Kevin Mandia, CEO of the security company FireEye, which raised the first alerts about the attack, told Congress that the hackers prioritized stealth above all else.

“Disruption would have been easier than what they did,” he said. “They had focused, disciplined data theft. It’s easier to just delete everything in blunt-force trauma and see what happens. They actually did more work than what it would have taken to go destructive.”

“This has a silver lining”

CISA first heard about a problem when FireEye discovered that it had been hacked and notified the agency. The company regularly works closely with the US government, and although it wasn’t legally obligated to tell anyone about the hack, it quickly shared news of the compromise with sensitive corporate networks.

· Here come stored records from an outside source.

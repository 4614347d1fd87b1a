-- ===== src/JsonWriter/Append.antt =====
-- Every operation of the writer appends its text, whole or cut at the end of the buffer.
use zhac_mono_core.Prelude.{
  ℕ, suc, ◌+◌, ◌-◌, ◌≤◌, ◌<◌, ◌≡◌, refl, sym, ◌⊎◌, inl, inr, true, false, List, [], ◌∷◌, ◌++◌,
  arith, length, take, leb, Bool-cases, if_cases, leb→le, leb→lt, length-append, length-take,
  length-set, take_all, subst, append_assoc, ap, ◌∙◌,
}
use native.Mathlib.Numerals.{add-one}
use zhac_mono_core.JsonWriter.Memory.{
  take-set_end, take_nothing, take_more, take-append_whole, take-append_within, length-vsnprintf,
  vsnprintf_before, vsnprintf_whole,
}
use zhac_mono_core.JsonWriter.{JsonWriter, put, put_all, raw, ch, vsnprintf, fmt}

-- pos_ <= cap_, and the buffer has cap_ bytes.
pub record IsWriter (w : JsonWriter) : Type 0 where
  pub within : w.pos ≤ w.cap
  pub memory : length w.buf ≡ w.cap

-- The bytes written so far.
abbrev pub written : JsonWriter → List ℕ
written w = take w.pos w.buf

-- `w'` is `w` after `text` was appended: whole, or cut, and then the writer is no longer ok. `slack`
-- is what the operation wants beyond its text: 1 for the NUL of `fmt`.
pub record Appends (slack : ℕ) (w : JsonWriter) (text : List ℕ) (w' : JsonWriter) : Type 0 where
  pub valid : IsWriter w'
  pub same_cap : w'.cap ≡ w.cap
  pub grows : w.pos ≤ w'.pos
  pub content : written w' ≡ written w ++ take (w'.pos - w.pos) text
  pub whole : w'.ok ≡ true → (w.ok ≡ true) × (w'.pos ≡ w.pos + length text)
  pub cut : w'.ok ≡ false → (w.ok ≡ false) ⊎ (w.cap < w.pos + length text + slack)
  pub stuck : w.ok ≡ false → w' ≡ w

pub length-written : (w : JsonWriter) → IsWriter w → length (written w) ≡ w.pos
length-written w v = omega (arith, length-take w.pos w.buf, v.within, v.memory)

put_fits :
    (w : JsonWriter) (c : ℕ)
    → IsWriter w
    → w.pos < w.cap
    → (IsWriter (put w c).0)
      × ((put w c).0.cap ≡ w.cap)
      × ((put w c).0.pos ≡ suc w.pos)
      × ((put w c).0.ok ≡ w.ok)
      × (written (put w c).0 ≡ written w ++ c ∷ [])
      × ((put w c).1 ≡ true)
unfolding put
put_fits w c v h =
    let e : leb w.cap w.pos ≡ false = ground arith in
    rw e (
      record { within = omega arith; memory = length-set w.buf w.pos c ∙ v.memory },
      refl,
      omega arith,
      refl,
      rw add-one (take-set_end w.buf w.pos c (omega (arith, v.memory))),
      refl,
    )

put_full :
    (w : JsonWriter) (c : ℕ)
    → IsWriter w
    → w.cap ≤ w.pos
    → put w c ≡ (record w { ok = false }, false)
unfolding put
put_full w c v h = ground arith

-- With the writer ok, `put_all` appends, and its flag is the writer's.
pub put_all-Appends :
    (w : JsonWriter) (text : List ℕ)
    → IsWriter w
    → w.ok ≡ true
    → Appends 0 w text (put_all w text).0 × ((put_all w text).1 ≡ (put_all w text).0.ok)
unfolding put_all
put_all-Appends w [] v o = (
  record {
    valid = v;
    same_cap = refl;
    grows = omega arith;
    content = take_nothing (written w) [] w.pos;
    whole = λ _. (o, omega arith);
    cut = λ e. inl e;
    stuck = λ _. refl;
  },
  sym o,
)
put_all-Appends w (c ∷ s) v o = elim (Bool-cases (leb w.cap w.pos)) [
  | inl full ↦ rw (put_full w c v (leb→le _ _ full)) (
    record {
      valid = record { within = v.within; memory = v.memory };
      same_cap = refl;
      grows = omega arith;
      content = take_nothing (written w) (c ∷ s) w.pos;
      whole = λ e. cc;
      cut = λ _. inr (omega (arith, leb→le _ _ full));
      stuck = λ e. cc;
    },
    refl,
  )
  | inr free ↦
      let w1 : JsonWriter = (put w c).0 in
      let (v1, cap1, pos1, ok1, text1, fit) = put_fits w c v (leb→lt _ _ free) in
      let (h, flag) = put_all-Appends w1 s v1 (ok1 ∙ o) in
      rw fit (
        record {
          valid = h.valid;
          same_cap = h.same_cap ∙ cap1;
          grows = omega (arith, h.grows);
          content =
              rw (← take_more (written w) s c w.pos _ (rw pos1 at h.grows), ← text1, ← pos1)
                h.content;
          whole = λ e. (o, omega (arith, (h.whole e).1));
          cut = λ e. elim (h.cut e) [ inl f ↦ inl (sym ok1 ∙ f) | inr f ↦ inr (omega arith) ];
          stuck = λ e. cc;
        },
        flag,
      )
]

-- A writer that is no longer ok is left alone.
pub idle-Appends :
    (slack : ℕ) (w : JsonWriter) (text : List ℕ)
    → IsWriter w
    → w.ok ≡ false
    → Appends slack w text w
idle-Appends slack w text v o = record {
  valid = v;
  same_cap = refl;
  grows = omega arith;
  content = take_nothing (written w) text w.pos;
  whole = λ e. cc;
  cut = λ e. inl e;
  stuck = λ _. refl;
}

pub raw-Appends : (w : JsonWriter) (text : List ℕ) → IsWriter w → Appends 0 w text (raw w text)
unfolding raw
raw-Appends w text v =
    if_cases (Appends 0 w text) w.ok _ _ (λ o. (put_all-Appends w text v o).0)
      (idle-Appends 0 w text v)

-- Appending nothing.
pub nil-Appends : (w : JsonWriter) → IsWriter w → Appends 0 w [] w
nil-Appends w v = record {
  valid = v;
  same_cap = refl;
  grows = omega arith;
  content = take_nothing (written w) [] w.pos;
  whole = λ e. (e, omega arith);
  cut = λ e. inl e;
  stuck = λ _. refl;
}

put_all-one : (w : JsonWriter) (c : ℕ) → (put_all w (c ∷ [])).0 ≡ (put w c).0
unfolding put_all
put_all-one w c = elim (Bool-cases (put w c).1) [ inl e ↦ rw e | inr e ↦ rw e ]

pub ch-Appends : (w : JsonWriter) (c : ℕ) → IsWriter w → Appends 0 w (c ∷ []) (ch w c)
unfolding ch
ch-Appends w c v =
    if_cases (Appends 0 w (c ∷ [])) w.ok _ _
      (λ o. subst (Appends 0 w (c ∷ [])) (put_all-one w c) (put_all-Appends w (c ∷ []) v o).0)
      (idle-Appends 0 w (c ∷ []) v)

fmt_fits :
    (w : JsonWriter) (text : List ℕ)
    → IsWriter w
    → w.ok ≡ true
    → leb (w.cap - w.pos) (length text) ≡ false
    → Appends 1 w text
        (record w { buf = vsnprintf w.buf w.pos (w.cap - w.pos) text; pos = w.pos + length text })
fmt_fits w text v o h =
    let room : length text < w.cap - w.pos = leb→lt _ _ h in
    let e : w.pos + length text - w.pos ≡ length text = omega arith in
    record {
      valid = record {
        within = omega (arith, v.within);
        memory = length-vsnprintf w.buf w.pos (w.cap - w.pos) text ∙ v.memory;
      };
      same_cap = refl;
      grows = omega arith;
      content =
          rw (e, take_all (length text) text (omega arith))
            (vsnprintf_whole w.buf w.pos (w.cap - w.pos) text room
              (omega (arith, v.within, v.memory)));
      whole = λ _. (o, refl);
      cut = λ e. inl e;
      stuck = λ e. cc;
    }

fmt_overflows :
    (w : JsonWriter) (text : List ℕ)
    → IsWriter w
    → w.ok ≡ true
    → leb (w.cap - w.pos) (length text) ≡ true
    → Appends 1 w text (record w { buf = vsnprintf w.buf w.pos (w.cap - w.pos) text; ok = false })
fmt_overflows w text v o h = record {
  valid = record {
    within = v.within;
    memory = length-vsnprintf w.buf w.pos (w.cap - w.pos) text ∙ v.memory;
  };
  same_cap = refl;
  grows = omega arith;
  content = vsnprintf_before w.buf w.pos (w.cap - w.pos) text ∙ take_nothing (written w) text w.pos;
  whole = λ e. cc;
  cut = λ _. inr (omega (arith, leb→le _ _ h, v.within));
  stuck = λ e. cc;
}

pub fmt-Appends : (w : JsonWriter) (text : List ℕ) → IsWriter w → Appends 1 w text (fmt w text)
unfolding fmt
fmt-Appends w text v =
    if_cases (Appends 1 w text) w.ok _ _
      (λ o.
        if_cases (Appends 1 w text) (leb (w.cap - w.pos) (length text)) _ _
          (fmt_overflows w text v o) (fmt_fits w text v o))
      (idle-Appends 1 w text v)

-- An append writes at most its text.
pub Appends-le :
    {n : ℕ} {w w' : JsonWriter} (s : List ℕ)
    → IsWriter w
    → Appends n w s w'
    → w'.pos - w.pos ≤ length s
Appends-le {w} {w'} s v a = omega (
  arith,
  ap length a.content,
  length-append (written w) (take (w'.pos - w.pos) s),
  length-take (w'.pos - w.pos) s,
  length-written w v,
  length-written w' a.valid,
)

-- Two appends in a row append both texts, provided the second text covers what the first one wants
-- beyond its own.
module _ {m n : ℕ} {w w1 w2 : JsonWriter} (s t : List ℕ) where
  content_trans :
      IsWriter w
      → Appends m w s w1
      → Appends n w1 t w2
      → written w2 ≡ written w ++ take (w2.pos - w.pos) (s ++ t)
  content_trans v a b = elim (Bool-cases w1.ok) [
    | inl o ↦
        let e : w2.pos - w.pos ≡ length s + (w2.pos - w1.pos) =
          omega (arith, (a.whole o).1, b.grows) in
        let f : w1.pos - w.pos ≡ length s = omega (arith, (a.whole o).1) in
        rw (e, take-append_whole s t (w2.pos - w1.pos))
          (b.content
            ∙ ap (λ (xs : List ℕ). xs ++ take (w2.pos - w1.pos) t)
                (rw (f, take_all (length s) s (omega arith)) at a.content)
            ∙ append_assoc (written w) s (take (w2.pos - w1.pos) t))
    | inr o ↦ rw (b.stuck o, take-append_within s t (w1.pos - w.pos) (Appends-le s v a)) a.content
  ]

  pub Appends-trans :
      IsWriter w → m ≤ length t + n → Appends m w s w1 → Appends n w1 t w2 → Appends n w (s ++ t) w2
  Appends-trans v h a b = record {
    valid = b.valid;
    same_cap = b.same_cap ∙ a.same_cap;
    grows = omega (arith, a.grows, b.grows);
    content = content_trans v a b;
    whole = λ e. (
      (a.whole (b.whole e).0).0,
      omega (arith, (a.whole (b.whole e).0).1, (b.whole e).1, length-append s t),
    );
    cut = λ e. elim (Bool-cases w1.ok) [
      | inl o ↦ elim (b.cut e) [
        | inl f ↦ cc
        | inr f ↦ inr (omega (arith, (a.whole o).1, a.same_cap, length-append s t))
      ]
      | inr o ↦ elim (a.cut o) [ inl f ↦ inl f | inr f ↦ inr (omega (arith, length-append s t)) ]
    ];
    stuck = λ e. b.stuck (rw (a.stuck e) e) ∙ a.stuck e;
  }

It was Microsoft that told the US government federal networks had been compromised. The company shared that information with Wales on December 11, he said in an interview. Microsoft observed the hackers breaking into the Microsoft 365 cloud that is used by many government agencies. A day later, FireEye informed CISA of the back door in SolarWinds, a little-known but extremely widespread and powerful tool. 

This signaled that the scale of the hack could be enormous. CISA’s investigators ended up working straight through the holidays to help agencies hunt for the hackers in their networks.

These efforts were made even more complicated because Wales had only just taken over at the agency: days earlier, former director Chris Krebs had been fired by Donald Trump for repeatedly debunking White House disinformation about a stolen election.